Gracias titobcn, por la novedad y el reportaje.
Ya estoy tardando en ir a verlo.

----------


## NoRegistrado

Según la wiki, da a entender que es una presa para una fábrica de tintes que cerró en 1970. Pero es una información de la wiki con todas las reservas.

Saludos. Miguel

----------


## Jonasino

Bonitas fotos y entorno




> no me atreví a pasar por la coronación, porque daba miedo pasar
> por encima


Y bien que hiciste. El ciudadano de la foto subió y las pasó canutas con el hielo.



Fuente: http://penyabtt5mes1.es/Granera18022012.html

----------

HUESITO (25-nov-2015)

----------


## Luisito1963

Solamente una puntualización: Las 3 primeras fotos  del post del 24-nov-2015 si que corresponden al Pantano de Marcet en la localidad de Granera  (https://www.google.es/maps/@41.73534.../data=!3m1!1e3)  , pero las 4 últimas corresponden a otro pantano, al Pantano de les Conques sobre el rio Ripoll y situado en Sant Llorenç Savall (https://www.google.es/maps/@41.68439.../data=!3m1!1e3  ) .
El tipo de presa es claramente distinto.
Este  último pequeño pantano tiene la curiosidad de albergar una especie de náyade o bivalbo de agua dulce, la Anodonta cygnea fruto de una introducción hecha el año 1.980.
Saludos

----------

Jonasino (10-may-2016)

----------


## titobcn

> Hola, el otro dia descubrí este pequeño pantano en la Provincia de Barcelona en el termino municipal de granera, esta en muy mal estado y abandonado, no me atreví a pasar por la coronación, porque daba miedo pasar
> por encima, no tengo ningun dato ni se para que servia en su dia.
> aqui os dejo unas fotos.
> las ultimas son del rio Ripoll a su paso por la zona industrial de sant LLorenç de Savall.

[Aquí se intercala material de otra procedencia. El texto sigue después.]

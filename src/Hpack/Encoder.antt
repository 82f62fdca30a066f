-- ===== src/Hpack/Encoder.antt =====
-- HPack::encodeHeaders and encodeH2caseHeader: Cutelyst/Server/hpack.cpp.
pub mod ReadBack
pub mod Blocks
mod Tests
use cutelyst.Common.{
  ℕ, zero, suc, ◌+◌, ◌/◌, ◌%◌, ltb, leb, ◌==◌, if◌then◌else◌, Bytes, List, [], ◌∷◌, ◌++◌, map,
  length, drop, Bool, false, ◌&&◌, ◌||◌, not, Option, none, some, codes, bytes_eq, same_key,
}
use cutelyst.Hpack.Integer.{encode_uint}
use cutelyst.Hpack.Strings.{is_upper}
use cutelyst.Hpack.Tables.{static_headers_code}

-- QByteArray::number of a status, which is a quint16: its decimal digits.
pub number_loop : ℕ → ℕ → Bytes
number_loop zero n = []
number_loop (suc fuel) n =
    let front = number_loop fuel (n / 10) in
    let last : Bytes = (0x30 + n % 10) ∷ [] in if ltb n 10 then last else front ++ last

pub number : ℕ → Bytes
number n = number_loop 5 n

pub encode_status : ℕ → Bytes
encode_status status =
    if status == 200
    then 0x88 ∷ []
    else if status == 204
    then 0x89 ∷ []
    else if status == 206
    then 0x8a ∷ []
    else if status == 304
    then 0x8b ∷ []
    else if status == 400
    then 0x8c ∷ []
    else if status == 404
    then 0x8d ∷ []
    else if status == 500
    then 0x8e ∷ []
    else 0x08 ∷ (encode_uint (length (number status)) 4 ++ number status)

-- QChar::isLetter of a Latin-1 character.
abbrev is_letter : ℕ → Bool
is_letter c =
    is_upper c
    || (leb 0x61 c && leb c 0x7a)
    || (leb 0xdf c && leb c 0xff && not (c == 0xf7))
    || c == 0xaa
    || c == 0xb5
    || c == 0xba

-- What one character of a key becomes; `toLower` moves an upper-case Latin-1 letter by 32.
pub h2case : ℕ → ℕ
h2case c = if is_letter c then (if is_upper c then c + 32 else c) else if c == 0x5f then 0x2d else c

pub encode_h2case_header : Bytes → Bytes
encode_h2case_header key = encode_uint (length key) 7 ++ map h2case key

-- QHash::constFind.
pub find_code : Bytes → List (Bytes × ℕ) → Option ℕ
find_code key [] = none
find_code key ((k, code) ∷ t) = if bytes_eq key k then some code else find_code key t

-- One round of the loop over the headers.
pub encode_field : Bytes → Bytes → Bytes
encode_field key value = elim (find_code key static_headers_code) [
  | some code ↦ 0x0f ∷ code ∷ (encode_uint (length value) 7 ++ value)
  | none ↦ 0 ∷ (encode_h2case_header key ++ (encode_uint (length value) 7 ++ value))
]

pub encode_fields : List (Bytes × Bytes) → Bytes
encode_fields [] = []
encode_fields ((key, value) ∷ headers) = encode_field key value ++ encode_fields headers

-- `hasDate` behind the loop.
pub has_date : List (Bytes × Bytes) → Bool
has_date [] = false
has_date ((key, value) ∷ headers) = same_key key (codes "Date") || has_date headers

-- `engine->lastDate()` is an argument, a line that starts with "\r\nDate: ".
pub encode_date : Bytes → Bytes
encode_date last_date =
    let date = drop 8 last_date in if length date == 29 then 0x0f ∷ 0x12 ∷ 0x1d ∷ date else []

-- What is appended to `buf`.
pub encode_headers : ℕ → List (Bytes × Bytes) → Bytes → Bytes
encode_headers status headers last_date =
    encode_status status
    ++ (encode_fields headers ++ (if has_date headers then [] else encode_date last_date))
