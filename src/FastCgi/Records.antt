-- ===== src/FastCgi/Records.antt =====
-- The records that Cutelyst/Server/protocolfastcgi.cpp writes: ProtoRequestFastCGI::doWrite,
-- writeHeaders and the record that ends a request.
pub mod Laws
use cutelyst.Common.{
  ℕ, zero, suc, ◌+◌, ◌-◌, ◌*◌, ◌/◌, ◌%◌, ◌==◌, Bytes, [], ◌∷◌, ◌++◌, Bool, true, false, ◌||◌,
  if◌then◌else◌, ltb, Option, none, some, take, drop, length, codes, same_key,
}
use cutelyst.Hpack.Encoder.{number}
use cutelyst.Headers.{Headers}

-- FCGI_ALIGN.
abbrev pub align : ℕ → ℕ
align n = (n + 7) / 8 * 8

-- The padding of a record; the aligned length is kept in 16 bits.
pub padding_of : ℕ → ℕ
padding_of fcgi_len =
    let padded_len = align fcgi_len % 0x10000 in
    if ltb fcgi_len padded_len then (padded_len - fcgi_len) % 0x100 else 0

abbrev pub zeros : ℕ → Bytes
zeros zero = []
zeros (suc n) = 0 ∷ zeros n

-- The fcgi_record in front of `fcgi_len` bytes of output.
pub stdout_header : ℕ → ℕ → Bytes
unfolding padding_of
stdout_header stream_id fcgi_len =
    1
    ∷ 6
    ∷ (stream_id / 0x100 % 0x100)
    ∷ (stream_id % 0x100)
    ∷ (fcgi_len / 0x100 % 0x100)
    ∷ (fcgi_len % 0x100)
    ∷ padding_of fcgi_len
    ∷ 0
    ∷ []

-- What the socket takes of a write, given what was written before; `none` is a negative result.
abbrev pub Takes : Type 0
Takes = Bytes → Bytes → Option ℕ

-- The socket's bytes after a write, and how many were taken.
abbrev pub io_write : Takes → Bytes → Bytes → Bytes × Option ℕ
io_write takes out bytes = elim (takes out bytes) [
  | none ↦ (out, none)
  | some n ↦ (out ++ take n bytes, some n)
]

-- How doWrite ends: with the number of bytes written, or with -1.
pub data Wrote : Type 0 where
  wrote : Bytes → ℕ → Wrote
  failed : Bytes → Wrote
  out_of_fuel : Wrote

abbrev whole : Option ℕ → ℕ → Bool
whole none n = false
whole (some m) n = m == n

-- The state of the loop: the bytes that the socket took, `data + write_pos`, `write_pos` and
-- `proto_parser_status`.
pub record Writing : Type 0 where
  pub out : Bytes
  pub rest : Bytes
  pub write_pos : ℕ
  pub status : ℕ

-- The header of a new record; false where it was not written whole.
pub open_record : Takes → ℕ → Writing → Writing × ℕ × Bool
unfolding stdout_header
open_record takes stream_id w =
    if w.status == 0
    then (let fcgi_len = if ltb (length w.rest) 0xffff then length w.rest else 0xffff in
        let (out, n) = io_write takes w.out (stdout_header stream_id fcgi_len) in
        (record w { out = out; status = fcgi_len }, padding_of fcgi_len, whole n 8))
    else (w, 0, true)

-- The content and the padding; true where the loop goes on.
pub write_content : Takes → ℕ → Writing → Writing × Option ℕ
write_content takes pad w =
    let (out, wlen) = io_write takes w.out (take w.status w.rest) in
    let (out', _) = io_write takes out (zeros pad) in
    (record w { out = if pad == 0 then out else out' }, wlen)

-- Whether the loop goes on behind a round.
pub data Round : Type 0 where
  goes : Writing → Round
  stops : Wrote → Round

-- What the loop makes of `wlen`.
pub after_content : Writing × Option ℕ → Round
after_content (w, none) = stops (failed w.out)
after_content (w, some zero) = stops (failed w.out)
after_content (w, some (suc m)) =
    let next = record w {
      rest = drop (suc m) w.rest;
      write_pos = w.write_pos + suc m;
      status = w.status - suc m;
    } in
    if length next.rest == 0 then stops (wrote next.out next.write_pos) else goes next

pub after_header : Takes → Writing × ℕ × Bool → Round
after_header takes (w, pad, false) = stops (failed w.out)
after_header takes (w, pad, true) = after_content (write_content takes pad w)

pub write_loop : ℕ → Takes → ℕ → Writing → Wrote
write_loop zero takes stream_id w = out_of_fuel
write_loop (suc fuel) takes stream_id w =
    elim (after_header takes (open_record takes stream_id w)) [
      | stops result ↦ result
      | goes next ↦ write_loop fuel takes stream_id next
    ]

-- doWrite; every round but the last writes a byte at least.
pub do_write : Takes → ℕ → Bytes → Bytes → Wrote
do_write takes stream_id bytes out =
    write_loop (suc (length bytes)) takes stream_id
      (record { out = out; rest = bytes; write_pos = 0; status = 0 })

-- The fields of writeHeaders, and whether a `Date` was among them.
pub write_fields : Headers → Bytes → Bool → Bytes × Bool
write_fields [] text has_date = (text, has_date)
write_fields ((key, value) ∷ headers) text has_date =
    write_fields headers (text ++ (codes "\r\n" ++ (key ++ (codes ": " ++ value))))
      (has_date || same_key key (codes "Date"))

-- writeHeaders: the text handed to doWrite; `last_date` is the server's line for the date.
pub header_text : Bytes → ℕ → Headers → Bytes
unfolding write_fields
header_text last_date status headers =
    let (text, has_date) = write_fields headers (codes "Status: " ++ number status) false in
    (if has_date then text else text ++ last_date) ++ codes "\r\n\r\n"

abbrev succeeded : Wrote → Bool
succeeded (wrote _ _) = true
succeeded _ = false

pub write_headers : Takes → ℕ → Bytes → ℕ → Headers → Bytes → Wrote × Bool
unfolding header_text do_write
write_headers takes stream_id last_date status headers out =
    let result = do_write takes stream_id (header_text last_date status headers) out in
    (result, succeeded result)

-- The bytes with which processingFinished ends a request: an empty STDOUT record and END_REQUEST.
pub end_request : ℕ → Bytes
end_request stream_id =
    let high = stream_id / 0x100 % 0x100 in
    let low = stream_id % 0x100 in
    (1 ∷ 6 ∷ high ∷ low ∷ 0 ∷ 0 ∷ 0 ∷ 0 ∷ [])
    ++ (1 ∷ 3 ∷ high ∷ low ∷ 0 ∷ 8 ∷ 0 ∷ 0 ∷ 0 ∷ 0 ∷ 0 ∷ 0 ∷ 0 ∷ 0 ∷ 0 ∷ 0 ∷ [])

Gracias por la puntualización Luisito1963, pero si lees bien el post en las ultimas lineas lo dejo explicado, un cordial saludo.

----------


## seergi13

Buenas, soy vecino del municipio colindante, puedo decir que me he bañado, me baño y me seguiré bañando todos los años que pueda en este lago (como mucha gente de los alrededores) Ves un domingo de julio a ver si tienes sitio para poner la silla ajajja, por no mencionar la cantidad de veces que he cruzado por el arco (como hacen todos los que van para cruzar al otro lado) y toda la gente que salta des de ahí. No está permitido el baño aunque casi todos hacen caso omiso, digamos que si quieren pueden decirte algo. Saludos.

----------